CINE INTERNACIONAL: BALANCE 2005

Finaliza hoy un año de película

En este sentido, quizás el primer lugar lo pueda ocupar el largometraje Primavera, verano, otoño, invierno y otra vez primavera del cineasta coreano Kim Ki Duk. Sin lugar a dudas una obra mayor, tanto en su refinadísima estética como en el planteo de una historia cargada de valores, que elevó el nivel de sugerencia y reflexión a uno de los picos más altos de la temporada. Los mismos calificativos pueden adjudicársele a 2046: Los secretos del amor de Wong Kar Wai otra propuesta cinematográfica memorable que retomó los lineamientos estilísticos del filme Con ánimo de amar, del mismo director, para consolidar otra obra de arte superior. Otro punto que llamó a la admiración estuvo dado por la entrañable película Cartas de París de Julie Bertuccelli, conmovedora historia sobre mentiras piadosas que caló hondo en la platea.

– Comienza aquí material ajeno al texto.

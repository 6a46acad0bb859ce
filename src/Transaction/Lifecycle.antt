-- ===== src/Transaction/Lifecycle.antt =====
-- The states of a transaction: active, committed, rolled back.
use f4kvs_ffi.Prelude.{
  Bytes, Bool, true, false, List, [], ◌∷◌, ◌≡◌, refl, sym, ◌⊎◌, inl, inr, ap, ◌∙◌, All, arith,
}
use f4kvs_ffi.Prelude.Exec.{Outcome, ok, err, panic}
use f4kvs_ffi.Ffi.Lsm.{Lsm, LsmLaws}
use f4kvs_ffi.Engine.{
  GoError, err_txn_committed, err_txn_rolled_back, commit_batch_put, commit_batch_delete,
  batch_put_bytes, batch_delete,
}
use f4kvs_ffi.Engine.Stored.{stored, stored-get_bytes}
use f4kvs_ffi.Transaction.{
  Transaction, Txn, entries, split_ops, get, put, get_bytes, put_bytes, delete, commit, rollback,
}
use f4kvs_ffi.Transaction.Visible.{IsActive, commit_puts-eq, commit_deletes-eq}

-- A call of a method of `Transaction`.
pub data Call : Type 0 where
  call_get call_get_bytes call_delete : Bytes → Call
  call_put call_put_bytes : Bytes → Bytes → Call
  call_commit call_rollback : Call

abbrev pub forget : {A E : Type 0} → Outcome E A → Outcome E (Unit {0})
forget (ok a) = ok tt
forget (err e) = err e
forget panic = panic

-- What a finished transaction answers: only a second rollback succeeds.
abbrev pub refusal : Bool → Call → Outcome GoError (Unit {0})
refusal true c = err err_txn_committed
refusal false call_rollback = ok tt
refusal false c = err err_txn_rolled_back

abbrev pub IsFinished : {S : Type 0} → Transaction S → Type 0
IsFinished t = (t.committed ≡ true) ⊎ ((t.committed ≡ false) × (t.rolled_back ≡ true))

-- Where a commit of `t` stopped, when it ended at `t'` with the error `x`.
abbrev pub FailedIn : {S : Type 0} ⦃lsm : Lsm S⦄ → GoError → Transaction S → Transaction S → Type 0
FailedIn (commit_batch_put y) t t' =
    let (puts, ks) = split_ops (entries t.ops) [] [] in
    batch_put_bytes puts t.engine ≡ (err y, t'.engine)
FailedIn (commit_batch_delete y) t t' =
    let (puts, ks) = split_ops (entries t.ops) [] [] in
    ((batch_put_bytes puts t.engine).0 ≡ ok tt)
    × (batch_delete ks (batch_put_bytes puts t.engine).1 ≡ (err y, t'.engine))
FailedIn x t t' = ⊥

module _ {S : Type 0} ⦃lsm : Lsm S⦄ where
  -- The state after a call, and whether it failed.
  abbrev pub invoke : Call → Txn S (Unit {0})
  invoke (call_get k) t = (forget (get k t).0, (get k t).1)
  invoke (call_get_bytes k) t = (forget (get_bytes k t).0, (get_bytes k t).1)
  invoke (call_delete k) t = delete k t
  invoke (call_put k v) t = put k v t
  invoke (call_put_bytes k v) t = put_bytes k v t
  invoke call_commit t = commit t
  invoke call_rollback t = rollback t

  abbrev pub run : List Call → Transaction S → Transaction S
  run [] t = t
  run (c ∷ cs) t = run cs (invoke c t).1

  invoke-committed :
      (c : Call) (t : Transaction S) → t.committed ≡ true → invoke c t ≡ (refusal true c, t)
  unfolding get put get_bytes put_bytes delete commit rollback
  invoke-committed call_rollback t h = rw h
  invoke-committed c t h = rw h

  invoke-rolled_back :
      (c : Call) (t : Transaction S)
      → t.committed ≡ false
      → t.rolled_back ≡ true
      → invoke c t ≡ (refusal false c, t)
  unfolding get put get_bytes put_bytes delete commit rollback
  invoke-rolled_back call_rollback t h r = rw (h, r)
  invoke-rolled_back c t h r = rw (h, r)

  invoke-finished :
      (c : Call) (t : Transaction S) → IsFinished t → invoke c t ≡ (refusal t.committed c, t)
  invoke-finished c t (inl h) = invoke-committed c t h ∙ ap (λ b. (refusal b c, t)) (sym h)
  invoke-finished c t (inr h) =
      invoke-rolled_back c t h.0 h.1 ∙ ap (λ b. (refusal b c, t)) (sym h.0)

  run-finished : (cs : List Call) (t : Transaction S) → IsFinished t → run cs t ≡ t
  run-finished [] t h = refl
  run-finished (d ∷ cs) t h = rw (invoke-finished d t h) (run-finished cs t h)

  -- Once a transaction is committed or rolled back, every call is refused with the error of that
  -- state (but `Rollback` after `Rollback` succeeds), and no sequence of calls changes the
  -- transaction or its engine.
  pub finished_is_final :
      (t : Transaction S) (c : Call) (cs : List Call)
      → IsFinished t
      → ((invoke c t).0 ≡ refusal t.committed c) × (run (c ∷ cs) t ≡ t)
  finished_is_final t c cs h = (
    ap (λ (p : Outcome GoError (Unit {0}) × Transaction S). p.0) (invoke-finished c t h),
    run-finished (c ∷ cs) t h,
  )

  -- A commit that fails leaves the transaction active with everything still staged, so that it
  -- can be tried again; the error tells which of the two batches failed, and the second one was
  -- not begun when the first failed.
  pub commit-failed :
      (t : Transaction S) (x : GoError)
      → IsActive t
      → (commit t).0 ≡ err x
      → IsActive (commit t).1 × ((commit t).1.ops ≡ t.ops) × FailedIn x t (commit t).1
  unfolding commit
  commit-failed t x a h =
      let puts = (split_ops (entries t.ops) [] []).0 in
      let ks = (split_ops (entries t.ops) [] []).1 in
      ground (
        arith,
        commit_puts-eq puts t,
        commit_deletes-eq ks (record t { engine = (batch_put_bytes puts t.engine).1 }),
      )

-- Calls that only stage, read or drop.
abbrev pub IsStaging : Call → Type 0
IsStaging call_commit = ⊥
IsStaging c = Unit

module _ {S : Type 0} ⦃lsm : Lsm S⦄ (laws : LsmLaws S lsm) where
  invoke-isolated :
      (c : Call) (t : Transaction S) (j : Bytes)
      → IsStaging c
      → stored laws (invoke c t).1.engine j ≡ stored laws t.engine j
  unfolding get put get_bytes put_bytes delete rollback
  invoke-isolated (call_get k) t j h = ground (arith, stored-get_bytes laws k j t.engine)
  invoke-isolated (call_get_bytes k) t j h = ground (arith, stored-get_bytes laws k j t.engine)
  invoke-isolated call_commit t j h = absurd h
  invoke-isolated c t j h = ground arith

  -- Until `Commit` is called, nothing that is done in a transaction changes what the engine holds.
  pub run-isolated :
      (cs : List Call) (t : Transaction S) (j : Bytes)
      → All IsStaging cs
      → stored laws (run cs t).engine j ≡ stored laws t.engine j
  run-isolated [] t j h = refl
  run-isolated (c ∷ cs) t j h = run-isolated cs (invoke c t).1 j h.1 ∙ invoke-isolated c t j h.0
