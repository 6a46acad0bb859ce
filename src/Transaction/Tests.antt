-- ===== src/Transaction/Tests.antt =====
-- The transaction's theorems at an engine in memory whose second write fails, and runs.
use f4kvs_ffi.Prelude.{
  Bytes, Bool, true, false, none, some, List, [], ◌∷◌, ◌≡◌, refl, inl, bytes_beq, arith,
}
use f4kvs_ffi.Prelude.Exec.{ok, err}
use f4kvs_ffi.Ffi.Text.{c_string, from_ptr, is_utf8, has_nul}
use f4kvs_ffi.Ffi.Lsm.{bytes}
use f4kvs_ffi.Ffi.Calls.{
  failed, batch_items, batch_keys, value_to_bytes, validate_c_string, value_from_raw,
}
use f4kvs_ffi.Ffi.Memory.{Memory, memory, memory_laws}
use f4kvs_ffi.Engine.{
  F4kvs, GoError, err_txn_committed, message, batch_delete_failed, commit_batch_delete, to_item,
  batch_put_bytes, batch_delete,
}
use f4kvs_ffi.Engine.Stored.{stored, engine, Reads}
use f4kvs_ffi.Transaction.{
  Transaction, op_put, op_delete, begin_transaction, put_bytes, delete, get_bytes, commit,
  split_ops, commit_puts, commit_deletes,
}
use f4kvs_ffi.Transaction.Visible.{IsActive, get_bytes-visible, commit-stored}
use f4kvs_ffi.Transaction.Lifecycle.{
  call_put, call_get, call_rollback, call_commit, invoke, run, FailedIn, finished_is_final,
  commit-failed, run-isolated,
}

abbrev key_a : Bytes
key_a = b'a' ∷ []

abbrev key_b : Bytes
key_b = b'b' ∷ []

abbrev fresh : List Bool → F4kvs Memory
fresh faults =
    engine false
      (some (record { table = (key_a, bytes (1 ∷ [])) ∷ []; faults = faults; limit = 10 })) none

-- `key_b` put and `key_a` deleted, not yet committed
abbrev staged : List Bool → Transaction Memory
staged faults = record {
  engine = fresh faults;
  ops = some (
      (key_b, record { kind = op_put; value = 2 ∷ [] })
      ∷ (key_a, record { kind = op_delete; value = [] })
      ∷ []);
  committed = false;
  rolled_back = false;
}

staged_run :
    (delete key_a (put_bytes key_b (2 ∷ []) (begin_transaction (fresh []))).1).1 ≡ staged []
unfolding put_bytes delete begin_transaction bytes_beq
staged_run = refl

get_bytes-visible_example : Reads none (get_bytes key_a (staged [])).0
unfolding bytes_beq value_to_bytes from_ptr c_string
get_bytes-visible_example =
    get_bytes-visible memory_laws key_a (staged []) (refl, refl) (omega arith)

commit_ok : (commit (staged [])).0 ≡ ok tt
unfolding commit split_ops commit_puts commit_deletes batch_put_bytes batch_delete batch_items
    batch_keys to_item validate_c_string value_from_raw from_ptr c_string is_utf8
commit_ok = refl

commit-stored_example :
    (stored memory_laws (commit (staged [])).1.engine key_a ≡ none)
    × ((commit (staged [])).1.committed ≡ true)
    × ((commit (staged [])).1.ops ≡ none)
unfolding bytes_beq has_nul
commit-stored_example =
    commit-stored memory_laws (staged []) key_a (refl, (refl, tt)) (refl, (refl, tt)) refl commit_ok

-- The put goes through and the delete fails: the commit is half done, and reported as failed.
commit_half_done :
    ((commit (staged (false ∷ true ∷ []))).0
      ≡ err (
          commit_batch_delete
            (batch_delete_failed (message (failed "Batch delete" (b'I' ∷ b'O' ∷ []))))))
    × (stored memory_laws (commit (staged (false ∷ true ∷ []))).1.engine key_b ≡ some (2 ∷ []))
    × (stored memory_laws (commit (staged (false ∷ true ∷ []))).1.engine key_a ≡ some (1 ∷ []))
unfolding commit split_ops commit_puts commit_deletes batch_put_bytes batch_delete batch_items
    batch_keys to_item validate_c_string value_from_raw from_ptr c_string is_utf8 bytes_beq
    value_to_bytes
commit_half_done = (refl, refl, refl)

abbrev faulty : Transaction Memory
faulty = staged (false ∷ true ∷ [])

abbrev fault : GoError
fault = batch_delete_failed (message (failed "Batch delete" (b'I' ∷ b'O' ∷ [])))

commit-failed_example :
    IsActive (commit faulty).1
    × ((commit faulty).1.ops ≡ faulty.ops)
    × FailedIn (commit_batch_delete fault) faulty (commit faulty).1
commit-failed_example =
    commit-failed faulty (commit_batch_delete fault) (refl, refl) commit_half_done.0

abbrev finished : Transaction Memory
finished = record (staged []) { committed = true; ops = none }

finished_is_final_example :
    ((invoke (call_put key_a []) finished).0 ≡ err err_txn_committed)
    × (run (call_put key_a [] ∷ call_commit ∷ call_rollback ∷ []) finished ≡ finished)
finished_is_final_example =
    finished_is_final finished (call_put key_a []) (call_commit ∷ call_rollback ∷ []) (inl refl)

run-isolated_example :
    stored memory_laws
      (run (call_put key_a [] ∷ call_get key_b ∷ call_rollback ∷ []) (staged [])).engine
      key_a
    ≡ stored memory_laws (staged []).engine key_a
run-isolated_example =
    run-isolated memory_laws (call_put key_a [] ∷ call_get key_b ∷ call_rollback ∷ []) (staged [])
      key_a (tt, (tt, (tt, tt)))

El regreso, opera prima del impronunciable cineasta ruso Andrey Zvyaginstsev también brilló por mérito propio al contar una historia áspera sobre padre que retorna a su hogar luego de doce años de ausencia intentando recuperar el tiempo perdido con sus hijos adolescentes mostrando que, a veces, la necesidad de comunicar amor se convierte en una situación conflictiva. Obviamente que, en esta apretada reseña no podía faltar el toque mágico de Ingmar Bergman con Saraband último filme del maestro sueco que nos devolvió lo mejor de su obra a través de esta realización austera, conmovedora y excepcional. A su vez, de Turquía llegó Contra la pared, un removedor filme de Fatih Akin que plasmó una impactante historia de amor mientras se daba el lujo de tirar sus dardos sobre prejuicios y rigideces de una sociedad patriarcal. Cabe subrayar una mención de honor para el filme rudso Caminos a Koktebel de la dupla Boris Khlebnikov y Alexei Popogrebsky, otra compleja relación de padre e hijo maravillosamente narrada. Por último, el veterano Clint Eastwood retomó lo mejor del cine clásico estadounidense para ofrecernos Million Dólar Baby, un auténtico ejemplo de lo que debería ser el cine de Hollywood en su mejor expresión formal y conceptual. Verdaderamente formidable.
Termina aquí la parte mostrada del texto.